My wife has always been “high maintenance”.
When she didn’t get her way, she would, quite literally, explode - screaming, cussing, crying.
I distinctly remember the first time she did it - I was shell-shocked. I had no idea what had just happened. I thought I had done something terribly wrong and caved to her demands quickly. Immediately the tears disappeared, the yelling stopped and she acted as if the whole episode had never occurred.
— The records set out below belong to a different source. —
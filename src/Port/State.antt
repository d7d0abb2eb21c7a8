-- ===== src/Port/State.antt =====
-- The state of the board (port/nucleo_stm32f446re): the static variables of the port's files, and
-- the registers of the microcontroller that they write. A flag of a register that is only set and
-- cleared by itself is a `Bool`. What hardware does is not defined here: a register that hardware
-- writes is set by the interrupts that arrive, and a register that acts by being written keeps the
-- values that were written.
use transmisor_receptor_ir.Common.{ℕ, Bool, List}

-- The interrupts of the program, with what hardware shows in the registers that their service
-- routines read: `EXTI->PR`, the port's `IDR`, `TIM3->CNT`.
pub data Irq : Type 0 where
  systick : Irq
  tim1_up : Irq
  exti15_10 : (pr idr : ℕ) → Irq
  exti9_5 : (pr idr cnt : ℕ) → Irq

-- The interrupts that the NVIC turns on and off, and whose priorities it keeps.
pub data Irqn : Type 0 where
  exti_line : ℕ → Irqn
  exti9_5_irqn exti15_10_irqn tim1_up_tim10_irqn systick_irqn : Irqn

-- A priority: what `NVIC_EncodePriority` makes of the grouping and the two parts, or a number.
pub data Priority : Type 0 where
  encoded : (grouping preempt sub : ℕ) → Priority
  plain : ℕ → Priority

-- `GPIO_TypeDef`. A pointer to one is the port's number: 0 for GPIOA, 1 for GPIOB, and so on.
pub record Gpio : Type 0 where
  pub moder : ℕ
  pub pupdr : ℕ
  pub afr0 : ℕ
  pub afr1 : ℕ
  pub idr : ℕ

abbrev pub gpioa : ℕ
gpioa = 0

abbrev pub gpiob : ℕ
gpiob = 1

abbrev pub gpioc : ℕ
gpioc = 2

-- `TIM_TypeDef`, with the timer's clock in `RCC`.
pub record Timer : Type 0 where
  pub clock_on : Bool
  pub cen : Bool
  pub cnt : ℕ
  pub arr : ℕ
  pub psc : ℕ
  pub ug : Bool
  pub uif : Bool
  pub uie : Bool

-- `EXTI`: `pr` is what a read shows, and `pr_write` what was last written.
pub record Exti : Type 0 where
  pub imr : ℕ
  pub emr : ℕ
  pub rtsr : ℕ
  pub ftsr : ℕ
  pub pr : ℕ
  pub pr_write : ℕ

-- The clocks and the memory's access, of `FLASH`, `PWR`, `RCC` and `SysTick`, with the variable
-- `SystemCoreClock` of port_system.c. `pwr_cr` is without the bits PDDS and LPDS.
pub record Clock : Type 0 where
  pub flash_acr : ℕ
  pub pwr_cr : ℕ
  pub pwren : Bool
  pub rcc_cr : ℕ
  pub rcc_cfgr : ℕ
  pub systick_load : ℕ
  pub system_core_clock : ℕ

pub record Board : Type 0 where
  -- port_system.c
  pub ms_ticks : ℕ
  -- port_button.c, `buttons_arr[BUTTON_0_ID].flag_pressed`
  pub flag_pressed : Bool
  -- port_rx.c, `receivers_arr[IR_RX_0_ID]`
  pub edge_ticks : List ℕ
  pub edge_idx : ℕ
  -- port_tx.c
  pub symbol_tick : ℕ
  -- registers
  pub gpio : ℕ → Gpio
  pub gpioaen : Bool
  pub gpioben : Bool
  pub gpiocen : Bool
  pub syscfgen : Bool
  pub exticr : ℕ → ℕ
  pub exti : Exti
  pub tim1 : Timer
  pub tim2 : Timer
  pub tim3 : Timer
  pub cc3e : Bool
  pub ccmr2 : ℕ
  pub oc3pe : Bool
  pub ccr3 : ℕ
  pub clocks : Clock
  pub tickint : Bool
  pub pdds : Bool
  pub lpds : Bool
  pub sleepdeep : Bool
  -- The lines that `NVIC_EnableIRQ` has turned on.
  pub irq_on : Irqn → Bool
  -- What `NVIC_SetPriorityGrouping` and `NVIC_SetPriority` were last given.
  pub priority_grouping : ℕ
  pub priority : Irqn → Priority
  -- `SCB->CPACR` and `SCB->VTOR`
  pub cpacr : ℕ
  pub vtor : ℕ
  -- What was written to a port's `BSRR`, the newest first: the port and the value.
  pub bsrr : List (ℕ × ℕ)
  -- No part of the program: how many SysTick interrupts were served since the start, and how many
  -- of TIM1 since `port_tx_symbol_tmr_start`; the interrupts that arrive before each access to what
  -- a service routine shares, and how many such accesses there have been.
  pub systicks : ℕ
  pub symbols : ℕ
  -- Nor this: whether there was a carrier at each interrupt of TIM1 that was served, in order.
  pub on_air : List Bool
  pub arrivals : ℕ → List Irq
  pub accesses : ℕ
I never thought to ask her what the hell happened. Obviously it must have been my fault. Questioning it just wasn’t something I would ever think to do. Manipulation and scheming wasn’t in my vocabulary.
I was extremely naive.
Over the past 40 years my wife’s “high maintenance" has evolved - grown. It no longer is just the crying and "poor me" act. Oh no. It’s much, much more. It’s “You’re a horrible excuse for a human being; a lousy husband, a horrible father. Why don’t you just go ahead and kill yourself? Get it over with…” more.
Recently I went searching for information on symptoms of being bullied - and what I found shocked me. There are many different types of bullies, from simple physical ones to the more sneaky and dangerous emotional ones.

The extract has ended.